[[ Dataset records, beginning ]]

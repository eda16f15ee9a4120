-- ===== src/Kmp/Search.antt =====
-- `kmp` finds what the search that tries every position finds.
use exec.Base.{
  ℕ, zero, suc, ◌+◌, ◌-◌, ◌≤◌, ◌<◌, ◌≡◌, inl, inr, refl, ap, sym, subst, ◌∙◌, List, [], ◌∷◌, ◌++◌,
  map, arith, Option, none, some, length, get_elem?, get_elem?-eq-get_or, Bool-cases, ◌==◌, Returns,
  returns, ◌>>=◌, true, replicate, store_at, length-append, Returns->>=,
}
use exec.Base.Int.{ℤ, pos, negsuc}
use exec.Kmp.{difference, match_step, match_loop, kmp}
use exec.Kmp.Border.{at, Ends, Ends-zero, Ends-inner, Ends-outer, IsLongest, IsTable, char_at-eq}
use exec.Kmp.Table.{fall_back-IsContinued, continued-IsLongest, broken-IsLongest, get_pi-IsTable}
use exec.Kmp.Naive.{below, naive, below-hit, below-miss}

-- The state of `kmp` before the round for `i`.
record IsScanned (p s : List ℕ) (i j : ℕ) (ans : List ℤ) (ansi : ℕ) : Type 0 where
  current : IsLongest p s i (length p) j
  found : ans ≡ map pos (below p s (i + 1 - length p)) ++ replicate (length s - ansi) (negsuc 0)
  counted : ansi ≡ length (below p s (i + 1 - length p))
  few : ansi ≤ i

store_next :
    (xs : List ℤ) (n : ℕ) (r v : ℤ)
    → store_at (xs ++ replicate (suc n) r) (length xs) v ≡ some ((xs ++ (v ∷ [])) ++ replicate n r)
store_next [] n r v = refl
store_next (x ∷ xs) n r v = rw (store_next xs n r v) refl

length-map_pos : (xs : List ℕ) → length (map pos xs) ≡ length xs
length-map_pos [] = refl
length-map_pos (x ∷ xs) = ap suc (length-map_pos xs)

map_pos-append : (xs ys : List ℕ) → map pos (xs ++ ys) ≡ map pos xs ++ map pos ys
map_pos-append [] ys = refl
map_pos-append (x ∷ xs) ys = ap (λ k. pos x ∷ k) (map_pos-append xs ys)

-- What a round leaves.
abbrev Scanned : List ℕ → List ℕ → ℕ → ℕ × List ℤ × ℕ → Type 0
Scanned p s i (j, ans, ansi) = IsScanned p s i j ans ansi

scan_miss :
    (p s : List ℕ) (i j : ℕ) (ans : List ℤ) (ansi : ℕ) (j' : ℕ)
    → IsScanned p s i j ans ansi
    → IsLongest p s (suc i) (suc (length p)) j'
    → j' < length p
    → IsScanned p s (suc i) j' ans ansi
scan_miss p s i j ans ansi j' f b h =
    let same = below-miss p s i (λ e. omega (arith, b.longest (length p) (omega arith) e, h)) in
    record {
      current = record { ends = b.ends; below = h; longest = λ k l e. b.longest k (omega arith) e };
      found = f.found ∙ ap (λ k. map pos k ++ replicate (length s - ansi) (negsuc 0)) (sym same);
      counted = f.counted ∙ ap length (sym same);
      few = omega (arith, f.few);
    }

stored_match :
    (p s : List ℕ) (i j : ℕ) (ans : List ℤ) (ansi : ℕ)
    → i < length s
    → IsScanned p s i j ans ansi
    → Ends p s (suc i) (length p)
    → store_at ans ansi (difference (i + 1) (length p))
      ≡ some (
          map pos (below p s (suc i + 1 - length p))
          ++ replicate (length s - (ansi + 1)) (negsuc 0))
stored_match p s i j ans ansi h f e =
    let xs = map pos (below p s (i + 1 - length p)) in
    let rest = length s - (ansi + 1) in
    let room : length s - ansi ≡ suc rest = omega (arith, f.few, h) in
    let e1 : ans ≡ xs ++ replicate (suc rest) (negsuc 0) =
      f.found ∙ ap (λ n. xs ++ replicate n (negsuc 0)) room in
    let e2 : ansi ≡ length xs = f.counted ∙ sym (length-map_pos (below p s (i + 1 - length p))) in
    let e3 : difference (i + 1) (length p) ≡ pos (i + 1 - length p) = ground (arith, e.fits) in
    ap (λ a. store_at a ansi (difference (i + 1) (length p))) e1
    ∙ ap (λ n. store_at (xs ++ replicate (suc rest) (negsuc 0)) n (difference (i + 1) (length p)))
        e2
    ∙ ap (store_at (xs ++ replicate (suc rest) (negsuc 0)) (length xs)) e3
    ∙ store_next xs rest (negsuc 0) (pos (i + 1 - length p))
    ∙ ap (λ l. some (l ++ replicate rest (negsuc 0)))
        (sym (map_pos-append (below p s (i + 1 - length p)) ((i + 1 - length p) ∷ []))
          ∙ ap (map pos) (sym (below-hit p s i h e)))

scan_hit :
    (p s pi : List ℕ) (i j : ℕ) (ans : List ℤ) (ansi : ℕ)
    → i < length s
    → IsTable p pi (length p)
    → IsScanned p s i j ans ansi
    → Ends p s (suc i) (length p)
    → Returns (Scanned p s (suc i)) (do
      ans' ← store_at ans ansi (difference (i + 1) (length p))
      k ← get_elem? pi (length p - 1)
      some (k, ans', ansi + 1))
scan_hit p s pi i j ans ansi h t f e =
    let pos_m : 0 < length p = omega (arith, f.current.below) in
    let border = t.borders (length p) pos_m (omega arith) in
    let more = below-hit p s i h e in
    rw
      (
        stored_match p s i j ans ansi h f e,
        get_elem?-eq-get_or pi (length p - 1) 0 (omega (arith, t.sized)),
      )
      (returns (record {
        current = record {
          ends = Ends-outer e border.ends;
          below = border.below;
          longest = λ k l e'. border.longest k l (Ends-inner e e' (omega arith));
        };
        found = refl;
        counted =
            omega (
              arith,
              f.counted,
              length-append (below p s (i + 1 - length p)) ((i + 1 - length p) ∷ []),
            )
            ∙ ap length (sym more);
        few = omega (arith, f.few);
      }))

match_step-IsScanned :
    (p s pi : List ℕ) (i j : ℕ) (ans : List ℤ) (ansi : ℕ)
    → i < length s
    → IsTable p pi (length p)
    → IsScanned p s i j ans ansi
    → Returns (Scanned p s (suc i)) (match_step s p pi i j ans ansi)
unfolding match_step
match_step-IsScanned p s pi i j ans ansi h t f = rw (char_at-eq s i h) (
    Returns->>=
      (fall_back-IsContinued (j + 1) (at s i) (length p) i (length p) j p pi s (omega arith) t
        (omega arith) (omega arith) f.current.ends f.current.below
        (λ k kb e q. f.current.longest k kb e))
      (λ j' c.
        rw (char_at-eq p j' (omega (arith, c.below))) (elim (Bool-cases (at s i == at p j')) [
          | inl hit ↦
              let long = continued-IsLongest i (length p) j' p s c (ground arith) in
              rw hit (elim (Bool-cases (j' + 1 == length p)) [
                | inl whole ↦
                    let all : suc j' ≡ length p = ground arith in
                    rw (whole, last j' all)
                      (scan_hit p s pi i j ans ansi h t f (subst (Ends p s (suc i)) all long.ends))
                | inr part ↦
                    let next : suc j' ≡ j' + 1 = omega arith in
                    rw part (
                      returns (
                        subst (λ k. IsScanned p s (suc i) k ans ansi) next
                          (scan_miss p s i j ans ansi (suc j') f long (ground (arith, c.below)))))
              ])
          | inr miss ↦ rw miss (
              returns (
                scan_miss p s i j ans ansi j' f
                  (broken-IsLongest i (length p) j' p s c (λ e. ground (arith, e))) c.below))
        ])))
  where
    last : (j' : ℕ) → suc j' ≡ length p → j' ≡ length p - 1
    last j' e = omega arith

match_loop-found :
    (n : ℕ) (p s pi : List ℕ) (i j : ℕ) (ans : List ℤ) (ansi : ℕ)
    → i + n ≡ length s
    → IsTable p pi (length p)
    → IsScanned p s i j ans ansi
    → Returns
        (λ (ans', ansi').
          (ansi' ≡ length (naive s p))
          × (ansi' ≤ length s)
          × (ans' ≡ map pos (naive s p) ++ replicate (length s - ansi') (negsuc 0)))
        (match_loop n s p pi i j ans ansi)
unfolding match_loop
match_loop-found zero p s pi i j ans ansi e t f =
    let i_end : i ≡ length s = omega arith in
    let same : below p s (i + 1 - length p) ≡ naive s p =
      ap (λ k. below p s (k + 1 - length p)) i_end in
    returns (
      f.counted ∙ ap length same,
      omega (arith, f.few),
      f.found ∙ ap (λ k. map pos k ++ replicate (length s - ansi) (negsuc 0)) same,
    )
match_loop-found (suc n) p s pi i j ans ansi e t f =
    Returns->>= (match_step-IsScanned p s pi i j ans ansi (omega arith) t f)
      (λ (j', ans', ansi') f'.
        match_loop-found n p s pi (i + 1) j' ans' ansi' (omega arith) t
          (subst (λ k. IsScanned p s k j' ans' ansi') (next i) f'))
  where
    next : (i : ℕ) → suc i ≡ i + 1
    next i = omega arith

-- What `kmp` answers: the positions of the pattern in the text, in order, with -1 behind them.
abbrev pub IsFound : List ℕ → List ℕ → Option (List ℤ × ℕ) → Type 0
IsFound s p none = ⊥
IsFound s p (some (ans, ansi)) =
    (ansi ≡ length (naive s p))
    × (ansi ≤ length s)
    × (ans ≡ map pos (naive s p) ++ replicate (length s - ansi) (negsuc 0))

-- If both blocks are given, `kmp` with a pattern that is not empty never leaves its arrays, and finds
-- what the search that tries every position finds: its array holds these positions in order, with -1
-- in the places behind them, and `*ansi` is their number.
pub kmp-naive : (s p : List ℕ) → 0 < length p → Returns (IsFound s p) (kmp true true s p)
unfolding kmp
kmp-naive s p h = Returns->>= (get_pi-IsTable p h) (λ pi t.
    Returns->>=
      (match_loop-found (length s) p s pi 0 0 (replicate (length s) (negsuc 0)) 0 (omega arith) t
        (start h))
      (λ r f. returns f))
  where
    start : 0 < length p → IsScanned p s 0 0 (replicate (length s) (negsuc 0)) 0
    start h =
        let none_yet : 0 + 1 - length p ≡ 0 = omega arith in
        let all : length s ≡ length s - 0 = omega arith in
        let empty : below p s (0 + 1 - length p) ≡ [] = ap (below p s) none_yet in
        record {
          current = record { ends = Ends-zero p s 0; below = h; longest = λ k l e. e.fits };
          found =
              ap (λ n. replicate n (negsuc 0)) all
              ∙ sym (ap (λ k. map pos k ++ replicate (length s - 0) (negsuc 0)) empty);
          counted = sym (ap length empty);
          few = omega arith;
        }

[[ Dataset records, end ]]
[[ Dataset records, beginning ]]

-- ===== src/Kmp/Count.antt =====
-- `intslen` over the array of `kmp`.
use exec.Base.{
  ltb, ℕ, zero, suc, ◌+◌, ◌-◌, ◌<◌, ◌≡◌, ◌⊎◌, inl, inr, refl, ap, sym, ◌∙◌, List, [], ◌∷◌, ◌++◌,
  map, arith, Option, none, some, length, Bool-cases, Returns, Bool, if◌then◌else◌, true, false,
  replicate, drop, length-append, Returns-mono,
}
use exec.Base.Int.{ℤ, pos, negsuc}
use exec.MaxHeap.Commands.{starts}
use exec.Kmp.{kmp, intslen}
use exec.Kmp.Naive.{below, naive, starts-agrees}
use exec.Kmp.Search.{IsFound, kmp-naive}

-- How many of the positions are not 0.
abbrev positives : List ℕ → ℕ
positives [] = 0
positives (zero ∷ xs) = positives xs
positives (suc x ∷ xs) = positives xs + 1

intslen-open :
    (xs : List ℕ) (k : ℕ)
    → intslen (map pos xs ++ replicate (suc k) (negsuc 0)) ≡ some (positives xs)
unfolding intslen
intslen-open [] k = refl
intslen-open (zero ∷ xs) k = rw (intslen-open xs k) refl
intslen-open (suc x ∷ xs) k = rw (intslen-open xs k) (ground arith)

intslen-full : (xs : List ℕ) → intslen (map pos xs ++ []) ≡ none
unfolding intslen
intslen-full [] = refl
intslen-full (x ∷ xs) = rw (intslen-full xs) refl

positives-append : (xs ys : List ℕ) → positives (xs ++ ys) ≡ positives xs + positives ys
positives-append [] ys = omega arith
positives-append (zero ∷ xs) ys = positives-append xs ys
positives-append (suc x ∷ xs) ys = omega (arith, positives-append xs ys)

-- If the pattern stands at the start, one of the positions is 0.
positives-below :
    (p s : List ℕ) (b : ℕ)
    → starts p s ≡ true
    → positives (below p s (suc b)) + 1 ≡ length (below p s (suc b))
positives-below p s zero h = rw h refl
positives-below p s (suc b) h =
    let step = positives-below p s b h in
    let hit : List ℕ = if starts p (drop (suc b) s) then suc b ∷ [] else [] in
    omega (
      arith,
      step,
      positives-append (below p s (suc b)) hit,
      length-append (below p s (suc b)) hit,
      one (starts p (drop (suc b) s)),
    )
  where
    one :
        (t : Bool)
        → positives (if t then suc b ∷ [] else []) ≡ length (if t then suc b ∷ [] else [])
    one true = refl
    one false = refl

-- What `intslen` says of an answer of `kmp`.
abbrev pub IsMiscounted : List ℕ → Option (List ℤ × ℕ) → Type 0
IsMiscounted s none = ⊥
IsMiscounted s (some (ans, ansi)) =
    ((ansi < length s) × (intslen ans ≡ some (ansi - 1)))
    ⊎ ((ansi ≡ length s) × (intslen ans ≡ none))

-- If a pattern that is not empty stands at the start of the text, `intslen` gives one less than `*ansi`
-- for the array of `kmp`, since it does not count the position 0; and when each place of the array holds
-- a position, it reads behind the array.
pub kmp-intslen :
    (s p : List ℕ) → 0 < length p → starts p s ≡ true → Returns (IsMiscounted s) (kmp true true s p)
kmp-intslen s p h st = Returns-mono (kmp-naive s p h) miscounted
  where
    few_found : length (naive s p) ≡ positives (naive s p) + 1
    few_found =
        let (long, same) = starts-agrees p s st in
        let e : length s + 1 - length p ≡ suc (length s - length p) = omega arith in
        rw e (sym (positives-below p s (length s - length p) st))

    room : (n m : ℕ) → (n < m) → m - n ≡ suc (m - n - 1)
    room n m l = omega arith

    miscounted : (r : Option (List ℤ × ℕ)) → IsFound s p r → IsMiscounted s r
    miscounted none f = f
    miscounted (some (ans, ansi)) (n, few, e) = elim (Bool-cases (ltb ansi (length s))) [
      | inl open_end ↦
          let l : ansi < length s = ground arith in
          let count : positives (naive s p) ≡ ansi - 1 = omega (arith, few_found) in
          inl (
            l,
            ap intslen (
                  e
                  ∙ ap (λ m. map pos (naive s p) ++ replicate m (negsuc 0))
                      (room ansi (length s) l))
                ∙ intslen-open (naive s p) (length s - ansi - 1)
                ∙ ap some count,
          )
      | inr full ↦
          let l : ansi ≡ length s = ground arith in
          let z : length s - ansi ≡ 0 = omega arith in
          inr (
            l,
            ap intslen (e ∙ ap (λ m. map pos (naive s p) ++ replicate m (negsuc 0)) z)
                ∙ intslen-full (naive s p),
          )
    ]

[[ Dataset records, end ]]

About this task
Find the word "more" in the records. Copy every line it appears in.

Worked solution
    let more = below-hit p s i h e in
            ∙ ap length (sym more);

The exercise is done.